→ **What to do**: Once you reach the line containing "b)) (map fill l)" in the data below, restate each line word for word up to and including the one containing "(all_found-filled l l".
--- Records ---
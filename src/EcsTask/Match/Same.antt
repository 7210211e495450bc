-- ===== src/EcsTask/Match/Same.antt =====
-- What is asked for matches what the service makes of it, if that makes no difference.
use community_aws.Base.{
  some_inj, suc, String, ◌≡◌, refl, sym, ap, ◌∙◌, ◌⊎◌, inl, inr, Bool, true, false, none, some,
  List, [], ◌∷◌, map, arith, Bool-cases, Option-cases, eqb_iff, length, All, ◌==◌, ==_iff, ==_refl,
  string_eq, nat_eq, bool_eq, option_eq, ok,
}
use mathlib.Core.Path.{subst}
use community_aws.Base.Int.{ℤ, pos, negsuc, eqb_ℤ}
use community_aws.EcsTask.Values.{
  truthy, Value, null, boolean, number, text, list, dict, Items, nil, cons, Fields, end, field,
  lookup, length_fields, equal, equal_items, equal_fields,
}
use community_aws.EcsTask.Match.{
  TaskDef, Requested, right_has_values_of_left, found_in, all_found, same_entries,
  task_definition_matches, role_of,
}
use community_aws.EcsTask.Match.Laws.{Unique, AgreeAt, right_has_values_of_left_lem}

-- every dictionary in a value has different keys
unfoldable mutual
  pub IsProper : Value → Type 0
  IsProper (list l) = ProperItems l
  IsProper (dict d) = ProperFields d
  IsProper _ = Unit

  ProperItems : Items → Type 0
  ProperItems nil = Unit
  ProperItems (cons v l) = IsProper v × ProperItems l

  pub ProperFields : Fields → Type 0
  ProperFields end = Unit
  ProperFields (field k v d) = (lookup k d ≡ none) × (IsProper v × ProperFields d)

-- the first dictionary's entries are in the second
abbrev Within : Fields → Fields → Type 0
Within d e = (k : String) (v : Value) → lookup k d ≡ some v → lookup k e ≡ some v

eqb_ℤ-refl : (n : ℤ) → eqb_ℤ n n ≡ true
eqb_ℤ-refl (pos n) = ground arith
eqb_ℤ-refl (negsuc n) = ground arith

first-Within :
    (k : String) (v : Value) (d e : Fields) → Within (field k v d) e → lookup k e ≡ some v
unfolding lookup
first-Within k v d e h = h k v (rw (==_refl k) refl)

rest-Within :
    (k : String) (v : Value) (d e : Fields)
    → lookup k d ≡ none
    → Within (field k v d) e
    → Within d e
unfolding lookup
rest-Within k v d e missing h j u got = elim (Bool-cases (k == j)) [
  | inl same ↦ cc (sym missing ∙ rw (← (==_iff k j).0 same) at got)
  | inr other ↦ h j u (rw other got)
]

mutual
  unfolding equal IsProper

  equal_refl : (v : Value) → IsProper v → equal v v ≡ true
  equal_refl null p = refl
  equal_refl (boolean b) p = ==_refl b
  equal_refl (number n) p = eqb_ℤ-refl n
  equal_refl (text s) p = ==_refl s
  equal_refl (list l) p = equal_items_refl l p
  equal_refl (dict d) p =
      rw ((eqb_iff (length_fields d) (length_fields d)).1 refl)
        (equal_fields-Within d d p (λ k v got. got))

  equal_items_refl : (l : Items) → ProperItems l → equal_items l l ≡ true
  equal_items_refl nil p = refl
  equal_items_refl (cons v l) p = rw (equal_refl v p.0, equal_items_refl l p.1)

  equal_fields-Within : (d e : Fields) → ProperFields d → Within d e → equal_fields d e ≡ true
  equal_fields-Within end e p h = refl
  equal_fields-Within (field k v d) e p h = rw (
    first-Within k v d e h,
    equal_refl v p.1.0,
    equal_fields-Within d e p.1.1 (rest-Within k v d e p.0 h),
  )

ProperFields-Unique : (d : Fields) → ProperFields d → Unique d
unfolding IsProper
ProperFields-Unique end p = tt
ProperFields-Unique (field k v d) p = (p.0, ProperFields-Unique d p.1.1)

lookup-IsProper :
    (d : Fields) (k : String) (v : Value) → ProperFields d → lookup k d ≡ some v → IsProper v
unfolding IsProper lookup
lookup-IsProper end k v p got = cc
lookup-IsProper (field j u d) k v p got = elim (Bool-cases (j == k)) [
  | inl same ↦ subst IsProper (some_inj (rw same at got)) p.1.0
  | inr other ↦ lookup-IsProper d k v p.1.1 (rw other at got)
]

AgreeAt-same : (d : Fields) (k : String) → ProperFields d → AgreeAt (lookup k d) (lookup k d)
AgreeAt-same d k p = elim (Option-cases (lookup k d)) [
  | inl missing ↦ rw missing refl
  | inr (v, got) ↦ rw got (inr (v, refl, inl (equal_refl v (lookup-IsProper d k v p got))))
]

-- The second dictionary has what the first one has, and what else it has is false.
pub record IsKept (d e : Fields) : Type 0 where
  pub asked_keys : Unique d
  pub described_keys : Unique e
  pub agree : (k : String) → AgreeAt (lookup k d) (lookup k e)

-- A key with a false value makes no difference.
pub falsy-IsKept :
    (k : String) (v : Value) (d : Fields)
    → ProperFields d
    → lookup k d ≡ none
    → truthy v ≡ false
    → IsKept d (field k v d)
unfolding lookup
falsy-IsKept k v d p missing falsy = record {
  asked_keys = ProperFields-Unique d p;
  described_keys = (missing, ProperFields-Unique d p);
  agree = λ j. elim (Bool-cases (k == j)) [
    | inl same ↦
        let gone : lookup j d ≡ none =
          subst (λ x. lookup x d ≡ none) ((==_iff k j).0 same) missing in
        rw (same, gone) falsy
    | inr other ↦ rw other (AgreeAt-same d j p)
  ];
}

IsKept-lem : (d e : Fields) → IsKept d e → right_has_values_of_left d e ≡ ok true
IsKept-lem d e kept =
    (right_has_values_of_left_lem d e kept.asked_keys kept.described_keys).1 kept.agree

-- no comparison of an entry of the first list with one of the second raises an exception
abbrev pub Comparable : List Fields → List Fields → Type 0
Comparable l m = All (λ x. All (λ y. (b : Bool) × (right_has_values_of_left x y ≡ ok b)) m) l

abbrev Among : Fields → List Fields → Type 0
Among x [] = ⊥
Among x (y ∷ l) = (x ≡ y) ⊎ Among x l

-- What the service fills into a volume and a container that it registers.
pub record Filling : Type 0 where
  pub volume : Fields → Fields
  pub container : Fields → Fields

module _ (fill : Fields → Fields) where
  found_in-filled :
      (x : Fields) (l : List Fields)
      → IsKept x (fill x)
      → All (λ y. (b : Bool) × (right_has_values_of_left x y ≡ ok b)) (map fill l)
      → Among x l
      → found_in x (map fill l) ≡ ok true
  unfolding found_in
  found_in-filled x [] kept c h = absurd h
  found_in-filled x (y ∷ l) kept ((b, compared), c) (inl same) =
      rw (← same, IsKept-lem x (fill x) kept) refl
  found_in-filled x (y ∷ l) kept ((true, compared), c) (inr later) = rw compared refl
  found_in-filled x (y ∷ l) kept ((false, compared), c) (inr later) =
      rw compared (found_in-filled x l kept c later)

  all_found-filled :
      (l m : List Fields)
      → All (λ x. IsKept x (fill x)) l
      → Comparable l (map fill m)
      → ((x : Fields) → Among x l → Among x m)
      → all_found l (map fill m) ≡ ok true
  unfolding all_found
  all_found-filled [] m kept c h = refl
  all_found-filled (x ∷ l) m (k, kept) (c, cs) h =
      rw (found_in-filled x m k c (h x (inl refl)))
        (all_found-filled l m kept cs (λ y j. h y (inr j)))

  length-filled : (l : List Fields) → length (map fill l) ≡ length l
  length-filled [] = refl
  length-filled (x ∷ l) = ap (λ n. suc n) (length-filled l)

  same_entries-filled :
      (l : List Fields)
      → All (λ x. IsKept x (fill x)) l
      → Comparable l (map fill l)
      → same_entries l (map fill l) ≡ ok true
  unfolding same_entries
  same_entries-filled l kept c =
      rw (length-filled l, (eqb_iff (length l) (length l)).1 refl)
        (all_found-filled l l kept c (λ x h. h))

-- The definition is active, and has what was asked for, with what the service fills in.
pub record IsCurrent (f : Filling) (r : Requested) (td : TaskDef) : Type 0 where
  pub is_active : td.status ≡ "ACTIVE"
  pub has_role : role_of td.task_role_arn ≡ r.task_role_arn
  pub has_volumes : td.volumes ≡ map f.volume r.volumes
  pub has_containers : td.container_definitions ≡ map f.container r.containers

-- What the service fills in makes no difference to what is asked for, and the comparisons of what
-- is asked for with it raise nothing.
pub record IsComplete (f : Filling) (r : Requested) : Type 0 where
  pub volumes_kept : All (λ d. IsKept d (f.volume d)) r.volumes
  pub containers_kept : All (λ d. IsKept d (f.container d)) r.containers
  pub volumes_comparable : Comparable r.volumes (map f.volume r.volumes)
  pub containers_comparable : Comparable r.containers (map f.container r.containers)

-- A definition that is active and has what is asked for, filled in, matches.
pub task_definition_matches-current :
    (f : Filling) (r : Requested) (td : TaskDef)
    → IsComplete f r
    → IsCurrent f r td
    → task_definition_matches r td ≡ ok true
unfolding task_definition_matches
task_definition_matches-current f r td complete cur =
    rw
      (
        cur.is_active,
        cur.has_role,
        cur.has_volumes,
        cur.has_containers,
        ==_refl {A = String} "ACTIVE",
        ==_refl r.task_role_arn,
        same_entries-filled f.volume r.volumes complete.volumes_kept complete.volumes_comparable,
        same_entries-filled f.container r.containers complete.containers_kept
            complete.containers_comparable,
      )
      refl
---
→ **Exercise response**:
      → All (λ y. (b : Bool) × (right_has_values_of_left x y ≡ ok b)) (map fill l)
      → Among x l
      → found_in x (map fill l) ≡ ok true
  unfolding found_in
  found_in-filled x [] kept c h = absurd h
  found_in-filled x (y ∷ l) kept ((b, compared), c) (inl same) =
      rw (← same, IsKept-lem x (fill x) kept) refl
  found_in-filled x (y ∷ l) kept ((true, compared), c) (inr later) = rw compared refl
  found_in-filled x (y ∷ l) kept ((false, compared), c) (inr later) =
      rw compared (found_in-filled x l kept c later)

  all_found-filled :
      (l m : List Fields)
      → All (λ x. IsKept x (fill x)) l
      → Comparable l (map fill m)
      → ((x : Fields) → Among x l → Among x m)
      → all_found l (map fill m) ≡ ok true
  unfolding all_found
  all_found-filled [] m kept c h = refl
  all_found-filled (x ∷ l) m (k, kept) (c, cs) h =
      rw (found_in-filled x m k c (h x (inl refl)))
        (all_found-filled l m kept cs (λ y j. h y (inr j)))

  length-filled : (l : List Fields) → length (map fill l) ≡ length l
  length-filled [] = refl
  length-filled (x ∷ l) = ap (λ n. suc n) (length-filled l)

  same_entries-filled :
      (l : List Fields)
      → All (λ x. IsKept x (fill x)) l
      → Comparable l (map fill l)
      → same_entries l (map fill l) ≡ ok true
  unfolding same_entries
  same_entries-filled l kept c =
      rw (length-filled l, (eqb_iff (length l) (length l)).1 refl)
        (all_found-filled l l kept c (λ x h. h))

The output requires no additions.